Zusammen gärtnern geht auch in Corona-Zeiten; wenn man sich an die Abstandsregeln hält. Vesna Tomse und Vorstandsmitglied Christian Steiger
Zusammen gärtnern geht auch in Corona-Zeiten; wenn man sich an die Abstandsregeln hält. Vesna Tomse und Vorstandsmitglied Christian Steiger
Florian Schaer

Vesna Tomse begutachtet ein Briefchen mit Samen darin. «Das ist Mariendistel – Das kann man essen. Artischoken sind ja auch Disteln.» Es ist bei weitem nicht das einzige, was sie in der Wunderkammer Glattpark anpflanzen möchte.

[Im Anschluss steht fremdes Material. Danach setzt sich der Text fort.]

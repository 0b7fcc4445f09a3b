-- ===== src/Reconcile/Tests.antt =====
-- A service that finds a waiting loop without its timer.
use wait_skill.Prelude.{◌≡◌, refl, elem, true, [], ◌∷◌, ◌==◌, if◌then◌else◌, inl}
use wait_skill.Goal.Samples.{program}
use wait_skill.Loop.Samples.{loop_program, goal_files, loop_waiting}
use wait_skill.Watch.Arguments.{partition, is_legacy}
use wait_skill.Registry.State.{ids}
use wait_skill.Jobs.Options.{has_value, is_value, is_option, joins_value, looks_like_option}
use wait_skill.Jobs.Parse.{has_same_path}
use wait_skill.Jobs.Samples.{outside, submission, clock}
use wait_skill.Reconcile.{Service, LoopStore, absent, holds, reconcile_loops}
use wait_skill.Reconcile.Repaired.{reconcile_loops-repairs}

abbrev service : Service
service = record {
  goals = goal_files;
  outside = outside;
  submission = λ cwd. submission;
  clock = clock;
  runs_cancel = λ path. true;
  now = 1060;
}

abbrev store : LoopStore
store path = if path == "/loop.json" then holds loop_waiting else absent

reconcile_loops-repairs_example :
    elem "w1" (ids (reconcile_loops service (("/loop.json", "/work") ∷ []) store []).watchers)
    ≡ true
unfolding program loop_program partition is_legacy has_value is_value is_option joins_value
    looks_like_option has_same_path
reconcile_loops-repairs_example =
    reconcile_loops-repairs service (("/loop.json", "/work") ∷ []) "/loop.json" "/work" "w1"
      loop_waiting (inl refl) refl refl refl refl refl refl refl refl refl refl refl refl refl store
      [] refl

Da sind Trichterwindesamen, Margeriten, eine Dose mit Sommerblumenmischung – ein ganzer Frühling wartet darauf, Farben und Lebensfreude in das Areal der Wunderkammer Glattpark zu tragen. Und die Öffentlichkeit soll beim Säen mithelfen. Geselliges Gärtnern? Mit Leuten? Aber das ist doch derzeit untersagt?! «Der Bundesrat hat dazu aufgerufen sich zu bewegen, nach draussen an die frische Luft zu gehen», sagt die Stadtsoziologin. «Und selbstverständlich halten wir die Abstandvorgaben hier strikte ein. Social distancing ist wichtig – und das geht hier im Garten auch ganz prima.»